Em sua conta na rede social Truth Social, Trump disse que provocou a visita de Biden ao anunciar sua própria participação no movimento.

“O patife Joe Biden não tinha intenção de visitar o United Autoworkers até que eu anunciei que iria para Michigan para estar com eles [e] ajudá-los”, escreveu ele.

Biden foi convidado a visitar os membros do UAW por Shawn Fain, que por vezes criticou Trump.

No seu post no Truth Social, Trump – que não foi convidado pelo UAW – prometeu que os trabalhadores do setor automóvel estarão “em maus lençóis” se não o apoiarem e ele não ganhar as eleições.

No piquete em Michigan, a notícia das visitas foi recebida com reclamações e "muitas viradas de olhos", de acordo com Billy Rowe, 61, um entre meia dúzia de trabalhadores amontoados na chuva segurando cartazes do lado de fora de uma fábrica da Ford perto Detroit.

Rowe, que trabalha na Ford há 27 anos, disse ver a disputa como uma briga entre trabalhadores e empresas.

Outro funcionário da Ford, Frankie Worley, disse que “a política não deveria estar envolvida” na questão.

“Eles vêm aqui, tiram uma foto e dizem que nos apoiam, mas será que apoiam mesmo?” disse Worley, que passou 28 anos na empresa. "Esse envolvimento é apenas para dizer que estão nos ajudando. Só fiquem longe."

A greve

A paralisação começou no dia 15 de setembro em três fábricas da GM, Ford e Stellantis, que juntas empregavam cerca de 12.700 trabalhadores.

Uma semana depois, o UAW expandiu a greve para 38 centros de distribuição de peças da General Motors e da Stellantis, incentivando mais 5.600 trabalhadores a participarem do movimento.

As três empresas respondem por cerca de 40% das vendas de automóveis nos EUA.

Estas paralisações afetam uma pequena fração da sua produção.

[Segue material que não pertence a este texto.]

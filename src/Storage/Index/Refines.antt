-- ===== src/Storage/Index/Refines.antt =====
-- contracts/stream/src/storage.rs, the indexes: the code on the slots against the operations of the
-- view on lists.
use sorostream_contracts.Prelude.{
  ℕ, zero, suc, ◌+◌, ◌-◌, ◌<◌, ◌≡◌, ◌≢◌, refl, ap, sym, ◌∙◌, true, false, none, some, List, [], ◌∷◌,
  ◌++◌, ◌==◌, if◌then◌else◌, arith, length, get_elem?, length-append, Bool-cases, inl, inr,
  unwrap_or, ltb,
}
use sorostream_contracts.Prelude.Machine.{u32_mod}
use mathlib.Core.List.{Perm}
use sorostream_contracts.Types.{Address}
use sorostream_contracts.Env.{Slots}
use sorostream_contracts.Storage.Index.{
  get_count, get_ids, append_id, remove_id, remove_from, swap_and_pop, holds, set_slot, set_count,
}
use sorostream_contracts.Storage.Index.View.{
  Segment, IsIndex, last_first, swap_remove, contains, get_elem?-last, get_elem?-init,
  length-swap_remove, swap_remove-perm, swap_remove-absent, get_ids-eq,
}

-- Two states of an index agree on all the addresses but one.
pub record SameElsewhere (s t : Slots) (addr : Address) : Type 0 where
  pub counts : (b : Address) → addr ≢ b → t.count b ≡ s.count b
  pub slots : (b : Address) (i : ℕ) → addr ≢ b → t.slot b i ≡ s.slot b i

get_elem?-append :
    (ids : List ℕ) (x j : ℕ)
    → get_elem? (ids ++ x ∷ []) j ≡ (if length ids == j then some x else get_elem? ids j)
get_elem?-append [] x zero = refl
get_elem?-append [] x (suc j) = ground arith
get_elem?-append (y ∷ ids) x zero = ground arith
get_elem?-append (y ∷ ids) x (suc j) = ground (arith, get_elem?-append ids x j)

Segment-cons :
    (t : Slots) (addr : Address) (i y : ℕ) (ids : List ℕ)
    → t.slot addr i ≡ some y
    → Segment t addr (suc i) ids
    → Segment t addr i (y ∷ ids)
Segment-cons t addr i y ids e h zero = ap (t.slot addr) (omega arith) ∙ e
Segment-cons t addr i y ids e h (suc j) = ap (t.slot addr) (omega arith) ∙ h j

abbrev pub appended : Slots → Address → ℕ → Slots
appended s addr x =
    set_count (set_slot s addr (get_count s addr) (some x)) addr (get_count s addr + 1)

append_id-eq :
    (s : Slots) (addr : Address) (x : ℕ) {t : Slots}
    → append_id s addr x ≡ some t
    → t ≡ appended s addr x
unfolding append_id
append_id-eq s addr x e = elim (Bool-cases (ltb (get_count s addr + 1) u32_mod)) [
  | inl fits ↦ cc (rw fits at e)
  | inr full ↦ cc (rw full at e)
]

appended-IsIndex :
    (s : Slots) (addr : Address) (x : ℕ) (ids : List ℕ)
    → IsIndex s addr ids
    → IsIndex (appended s addr x) addr (ids ++ x ∷ [])
unfolding get_count
appended-IsIndex s addr x ids h =
    let n : get_count s addr ≡ length ids = h.counted in
    record {
      counted = ground (arith, n, length-append ids (x ∷ []));
      slots = λ j. ground (arith, n, h.slots j, get_elem?-append ids x j);
    }

appended-SameElsewhere :
    (s : Slots) (addr : Address) (x : ℕ) → SameElsewhere s (appended s addr x) addr
appended-SameElsewhere s addr x = record {
  counts = λ b h. ground arith;
  slots = λ b i h. ground arith;
}

-- If the slots of an address hold a list of identifiers and an append returns, then they hold the
-- list with the new identifier at its end, and the counters and slots of the other addresses are
-- unchanged.
pub append_id-IsIndex :
    (s : Slots) (addr : Address) (x : ℕ) (ids : List ℕ) {t : Slots}
    → IsIndex s addr ids
    → append_id s addr x ≡ some t
    → IsIndex t addr (ids ++ x ∷ []) × SameElsewhere s t addr
append_id-IsIndex s addr x ids h e =
    rw (append_id-eq s addr x e) (appended-IsIndex s addr x ids h, appended-SameElsewhere s addr x)

module _ (s : Slots) (addr : Address) where
  swap_and_pop-slot :
      (cnt i j : ℕ)
      → (swap_and_pop s addr cnt i).slot addr j ≡ (
          if cnt - 1 == j
          then none
          else if i == j
          then some (unwrap_or (s.slot addr (cnt - 1)) 0)
          else s.slot addr j)
  unfolding swap_and_pop
  swap_and_pop-slot cnt i j = ground arith

  swap_and_pop-Segment :
      (i y : ℕ) (ys : List ℕ)
      → Segment s addr i (y ∷ ys)
      → Segment (swap_and_pop s addr (i + suc (length ys)) i) addr i (last_first ys)
  swap_and_pop-Segment i y [] h zero = rw (swap_and_pop-slot (i + 1) i (i + 0)) (ground arith)
  swap_and_pop-Segment i y [] h (suc j) =
      rw (swap_and_pop-slot (i + 1) i (i + suc j)) (ground (arith, h (suc j)))
  swap_and_pop-Segment i y (z ∷ zs) h zero =
      rw (swap_and_pop-slot (i + suc (suc (length zs))) i (i + 0))
        (ground (arith, h (suc (length zs)), get_elem?-last z zs))
  swap_and_pop-Segment i y (z ∷ zs) h (suc j) =
      rw (swap_and_pop-slot (i + suc (suc (length zs))) i (i + suc j))
        (ground (arith, h (suc j), get_elem?-init z zs j))

  swap_and_pop-below :
      (cnt i j : ℕ) → i < cnt → j < i → (swap_and_pop s addr cnt i).slot addr j ≡ s.slot addr j
  swap_and_pop-below cnt i j h k = rw (swap_and_pop-slot cnt i j) (ground arith)

  swap_and_pop-count : (cnt i : ℕ) → get_count (swap_and_pop s addr cnt i) addr ≡ cnt - 1
  unfolding swap_and_pop get_count
  swap_and_pop-count cnt i = ground arith

  -- From the slot `i` on, the loop turns the list into the list without the identifier; below that
  -- it writes nothing, and it counts down once if the identifier is there.
  remove_from-Segment :
      (x cnt i : ℕ) (ids : List ℕ)
      → cnt ≡ i + length ids
      → Segment s addr i ids
      → let t = remove_from s addr x cnt i (length ids) in
        Segment t addr i (swap_remove x ids)
        × ((j : ℕ) → j < i → t.slot addr j ≡ s.slot addr j)
        × (contains x ids ≡ true → get_count t addr ≡ cnt - 1)
        × (contains x ids ≡ false → t ≡ s)
  unfolding remove_from
  remove_from-Segment x cnt i [] e h = (h, λ j k. refl, λ c. cc, λ c. refl)
  remove_from-Segment x cnt i (y ∷ ys) e h =
      let here : s.slot addr i ≡ some y = ap (s.slot addr) (omega arith) ∙ h 0 in
      let rest =
        remove_from-Segment x cnt (suc i) ys (omega arith)
          (λ j. ap (s.slot addr) (omega arith) ∙ h (suc j)) in
      elim (Bool-cases (y == x)) [
        | inl hit ↦
            rw (here, hit)
              (
                rw e (swap_and_pop-Segment i y ys h),
                λ j k. swap_and_pop-below cnt i j (omega arith) k,
                λ c. swap_and_pop-count cnt i,
                λ c. cc,
              )
        | inr miss ↦
            rw (here, miss)
              (
                Segment-cons (remove_from s addr x cnt (suc i) (length ys)) addr i y _
                    (rest.1 i (omega arith) ∙ here) rest.0,
                λ j k. rest.1 j (omega arith),
                rest.2,
                rest.3,
              )
      ]

  swap_and_pop-SameElsewhere : (cnt i : ℕ) → SameElsewhere s (swap_and_pop s addr cnt i) addr
  unfolding swap_and_pop
  swap_and_pop-SameElsewhere cnt i = record {
    counts = λ b h. ground arith;
    slots = λ b j h. ground arith;
  }

  remove_from-SameElsewhere :
      (x cnt i rounds : ℕ) → SameElsewhere s (remove_from s addr x cnt i rounds) addr
  unfolding remove_from
  remove_from-SameElsewhere x cnt i zero = record { counts = λ b h. refl; slots = λ b j h. refl }
  remove_from-SameElsewhere x cnt i (suc rounds) = elim (Bool-cases (holds (s.slot addr i) x)) [
    | inl hit ↦ rw hit (swap_and_pop-SameElsewhere cnt i)
    | inr miss ↦ rw miss (remove_from-SameElsewhere x cnt (suc i) rounds)
  ]

remove_id-counted :
    (s : Slots) (addr : Address) (x : ℕ) (ids : List ℕ)
    → IsIndex s addr ids
    → get_count (remove_from s addr x (length ids) 0 (length ids)) addr ≡ length (swap_remove x ids)
remove_id-counted s addr x ids h =
    let (_, _, found, absent) =
      remove_from-Segment s addr x (length ids) 0 ids (omega arith) h.slots in
    elim (Bool-cases (contains x ids)) [
      | inl c ↦ found c ∙ sym (length-swap_remove x ids c)
      | inr c ↦ rw (absent c, swap_remove-absent x ids c) h.counted
    ]

-- If the slots of an address hold a list of identifiers, then after the removal loop with its
-- swap-and-pop they hold the list in which the last identifier has taken the place of the first
-- occurrence of the removed one, or the same list if it does not occur; the counters and slots of
-- the other addresses are unchanged.
pub remove_id-IsIndex :
    (s : Slots) (addr : Address) (x : ℕ) (ids : List ℕ)
    → IsIndex s addr ids
    → IsIndex (remove_id s addr x) addr (swap_remove x ids)
      × SameElsewhere s (remove_id s addr x) addr
unfolding remove_id
remove_id-IsIndex s addr x ids h = rw h.counted (
  record {
    counted = remove_id-counted s addr x ids h;
    slots = (remove_from-Segment s addr x (length ids) 0 ids (omega arith) h.slots).0;
  },
  remove_from-SameElsewhere s addr x (length ids) 0 (length ids),
)

-- If the slots of an address hold a list of identifiers and one of them is removed, then what is
-- read back together with the removed identifier is a permutation of the list.
pub remove_id-get_ids :
    (s : Slots) (addr : Address) (x : ℕ) (ids : List ℕ)
    → IsIndex s addr ids
    → contains x ids ≡ true
    → Perm ids (x ∷ get_ids (remove_id s addr x) addr)
remove_id-get_ids s addr x ids h c =
    let e = get_ids-eq _ addr _ (remove_id-IsIndex s addr x ids h).0 in
    rw e (swap_remove-perm x ids c)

Mas com os estoques em níveis relativamente baixos, analistas alertaram que uma paralisação prolongada poderia levar a preços mais elevados para os compradores.

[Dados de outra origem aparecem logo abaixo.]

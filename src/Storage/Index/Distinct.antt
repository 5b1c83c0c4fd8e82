-- ===== src/Storage/Index/Distinct.antt =====
-- contracts/stream/src/storage.rs, the indexes: lists of identifiers in which none occurs twice.
use sorostream_contracts.Prelude.{
  ℕ, ◌≡◌, refl, true, false, ◌||◌, List, [], ◌∷◌, ◌++◌, ◌==◌, if◌then◌else◌, arith, Bool-cases, inl,
  inr,
}
use sorostream_contracts.Storage.Index.View.{last, init, last_first, swap_remove, contains}

abbrev pub Distinct : List ℕ → Type 0
Distinct [] = Unit {0}
Distinct (x ∷ xs) = (contains x xs ≡ false) × Distinct xs

pub contains-append :
    (id x : ℕ) (ids : List ℕ)
    → contains id (ids ++ x ∷ []) ≡ (if x == id then true else contains id ids)
contains-append id x [] = ground arith
contains-append id x (y ∷ ids) = ground (arith, contains-append id x ids)

pub Distinct-append :
    (x : ℕ) (ids : List ℕ) → Distinct ids → contains x ids ≡ false → Distinct (ids ++ x ∷ [])
Distinct-append x [] d h = (refl, tt)
Distinct-append x (y ∷ ids) d h =
    (ground (arith, contains-append y x ids, d.0), Distinct-append x ids d.1 (ground arith))

contains-init :
    (id z : ℕ) (zs : List ℕ) → contains id (z ∷ zs) ≡ (last z zs == id || contains id (init z zs))
contains-init id z [] = ground arith
contains-init id z (y ∷ zs) = ground (arith, contains-init id y zs)

contains-last_first : (id : ℕ) (ids : List ℕ) → contains id (last_first ids) ≡ contains id ids
contains-last_first id [] = refl
contains-last_first id (z ∷ zs) = ground (arith, contains-init id z zs)

Distinct-last :
    (z : ℕ) (zs : List ℕ)
    → Distinct (z ∷ zs)
    → (contains (last z zs) (init z zs) ≡ false) × Distinct (init z zs)
Distinct-last z [] d = (refl, tt)
Distinct-last z (y ∷ zs) d =
    let (fresh, rest) = Distinct-last y zs d.1 in
    (
      ground (arith, fresh, contains-init z y zs, contains-init (last y zs) y zs, d.0),
      (ground (arith, contains-init z y zs, d.0), rest),
    )

Distinct-last_first : (ids : List ℕ) → Distinct ids → Distinct (last_first ids)
Distinct-last_first [] d = tt
Distinct-last_first (z ∷ zs) d = Distinct-last z zs d

pub contains-swap_remove :
    (id x : ℕ) (ids : List ℕ)
    → Distinct ids
    → contains id (swap_remove x ids) ≡ (if x == id then false else contains id ids)
contains-swap_remove id x [] d = ground arith
contains-swap_remove id x (y ∷ ids) d =
    ground (arith, contains-swap_remove id x ids d.1, contains-last_first id ids, d.0)

pub Distinct-swap_remove : (x : ℕ) (ids : List ℕ) → Distinct ids → Distinct (swap_remove x ids)
Distinct-swap_remove x [] d = tt
Distinct-swap_remove x (y ∷ ids) d = elim (Bool-cases (y == x)) [
  | inl hit ↦ rw hit (Distinct-last_first ids d.1)
  | inr miss ↦
      rw miss
        (ground (arith, contains-swap_remove y x ids d.1, d.0), Distinct-swap_remove x ids d.1)
]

A paralisação começou após o término dos contratos de trabalho de 2019 entre o sindicato e as três empresas, em 14 de setembro.

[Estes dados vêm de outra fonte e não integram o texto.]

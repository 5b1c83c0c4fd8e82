-- ===== src/Storage/Index/Listed.antt =====
-- contracts/stream/src/storage.rs: the streams that are stored and an index of them by an address. The
-- index lists the streams of an address, each once.
use sorostream_contracts.Prelude.{
  ℕ, ◌+◌, ==_refl, ◌≡◌, ◌≢◌, refl, ap, sym, ◌∙◌, subst, Bool, false, Option, none, some, List, [],
  ◌∷◌, ◌++◌, ◌==◌, update, Bool-cases, inl, inr, ==→eq, ==→ne,
}
use sorostream_contracts.Types.{Address, Stream}
use sorostream_contracts.Env.{Slots}
use sorostream_contracts.Storage.Index.{get_count, append_id, remove_id}
use sorostream_contracts.Storage.Index.View.{IsIndex, swap_remove, contains}
use sorostream_contracts.Storage.Index.Refines.{SameElsewhere, append_id-IsIndex, remove_id-IsIndex}
use sorostream_contracts.Storage.Index.Distinct.{
  Distinct, Distinct-append, Distinct-swap_remove, contains-append, contains-swap_remove,
}

-- Whether an entry of the storage is a stream of an address.
abbrev pub owned_by : (Stream → Address) → Address → Option Stream → Bool
owned_by owner a none = false
owned_by owner a (some s) = owner s == a

-- The slots of an address hold exactly the identifiers of its stored streams, each once.
pub record IsListed (owner : Stream → Address) (streams : ℕ → Option Stream) (slots : Slots)
    (a : Address) : Type 0 where
  pub ids : List ℕ
  pub is : IsIndex slots a ids
  pub distinct : Distinct ids
  pub exact : (id : ℕ) → contains id ids ≡ owned_by owner a (streams id)

elsewhere-IsIndex :
    (s t : Slots) (a b : Address) (ids : List ℕ)
    → SameElsewhere s t a
    → a ≢ b
    → IsIndex s b ids
    → IsIndex t b ids
unfolding get_count
elsewhere-IsIndex s t a b ids e ne h = record {
  counted = rw (e.counts b ne) h.counted;
  slots = λ j. e.slots b (0 + j) ne ∙ h.slots j;
}

module _ (owner : Stream → Address) (streams : ℕ → Option Stream) (slots : Slots)
    (h : (a : Address) → IsListed owner streams slots a) where
  -- A stream is written over one of the same owner.
  pub saved-IsListed :
      (id : ℕ) (s t : Stream)
      → streams id ≡ some s
      → owner t ≡ owner s
      → (a : Address) → IsListed owner (update streams id (some t)) slots a
  saved-IsListed id s t found same a =
      let l = h a in
      record {
        ids = l.ids;
        is = l.is;
        distinct = l.distinct;
        exact = λ k. elim (Bool-cases (id == k)) [
          | inl here ↦ rw here (
              l.exact k
              ∙ ap (owned_by owner a) (ap streams (sym (==→eq id k here)) ∙ found)
              ∙ ap (λ o. o == a) (sym same))
          | inr there ↦ rw there (l.exact k)
        ];
      }

  -- A stream is written where none was, and appended to the list of its owner.
  pub added-IsListed :
      (id : ℕ) (t : Stream) {slots' : Slots}
      → streams id ≡ none
      → append_id slots (owner t) id ≡ some slots'
      → (a : Address) → IsListed owner (update streams id (some t)) slots' a
  added-IsListed id t {slots'} free appended a =
      let l = h a in
      let o = h (owner t) in
      let (is_new, others) = append_id-IsIndex slots (owner t) id o.ids o.is appended in
      let fresh : (b : Address) → contains id (h b).ids ≡ false =
        λ b. (h b).exact id ∙ ap (owned_by owner b) free in
      elim (Bool-cases (owner t == a)) [
        | inl mine ↦
            subst (IsListed owner (update streams id (some t)) slots') (==→eq (owner t) a mine)
              (record {
                ids = o.ids ++ id ∷ [];
                is = is_new;
                distinct = Distinct-append id o.ids o.distinct (fresh (owner t));
                exact = λ k. contains-append k id o.ids ∙ elim (Bool-cases (id == k)) [
                  | inl here ↦ rw here (sym (==_refl (owner t)))
                  | inr there ↦ rw there (o.exact k)
                ];
              })
        | inr other ↦ record {
          ids = l.ids;
          is = elsewhere-IsIndex slots slots' (owner t) a l.ids others (==→ne _ _ other) l.is;
          distinct = l.distinct;
          exact = λ k. elim (Bool-cases (id == k)) [
            | inl here ↦
                rw (here, other) (ap (λ x. contains x l.ids) (sym (==→eq id k here)) ∙ fresh a)
            | inr there ↦ rw there (l.exact k)
          ];
        }
      ]

  -- A stream is removed, and its identifier taken off the list of its owner.
  pub dropped-IsListed :
      (id : ℕ) (s : Stream)
      → streams id ≡ some s
      → (a : Address) → IsListed owner (update streams id none) (remove_id slots (owner s) id) a
  dropped-IsListed id s found a =
      let l = h a in
      let o = h (owner s) in
      let (is_new, others) = remove_id-IsIndex slots (owner s) id o.ids o.is in
      elim (Bool-cases (owner s == a)) [
        | inl mine ↦
            subst (IsListed owner (update streams id none) (remove_id slots (owner s) id))
              (==→eq (owner s) a mine)
              (record {
                ids = swap_remove id o.ids;
                is = is_new;
                distinct = Distinct-swap_remove id o.ids o.distinct;
                exact = λ k.
                    contains-swap_remove k id o.ids o.distinct ∙ elim (Bool-cases (id == k)) [
                      | inl here ↦ rw here refl
                      | inr there ↦ rw there (o.exact k)
                    ];
              })
        | inr other ↦ record {
          ids = l.ids;
          is = elsewhere-IsIndex slots _ (owner s) a l.ids others (==→ne _ _ other) l.is;
          distinct = l.distinct;
          exact = λ k. elim (Bool-cases (id == k)) [
            | inl here ↦ rw here (
                ap (λ x. contains x l.ids) (sym (==→eq id k here))
                ∙ l.exact id
                ∙ ap (owned_by owner a) found
                ∙ other)
            | inr there ↦ rw there (l.exact k)
          ];
        }
      ]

Os dois lados estão negociando questões como salários, dias de folga e ajustes do custo de vida, bem como sistemas que paguem menos às contratações mais recentes e "temporárias".

Shawn Fain classificou a luta como parte de uma batalha mais ampla pela justiça econômica e contra a classe bilionária.

O UAW abriu negociações visando um aumento salarial de 40% ao longo dos quatro anos de contrato.

A greve também ocorre no momento em que a indústria investe de forma pesada em veículos elétricos. O sindicato está preocupado com essa mudança, uma vez que a produção destes automóveis exige menos trabalhadores e atualmente envolve mão-de-obra não sindicalizada.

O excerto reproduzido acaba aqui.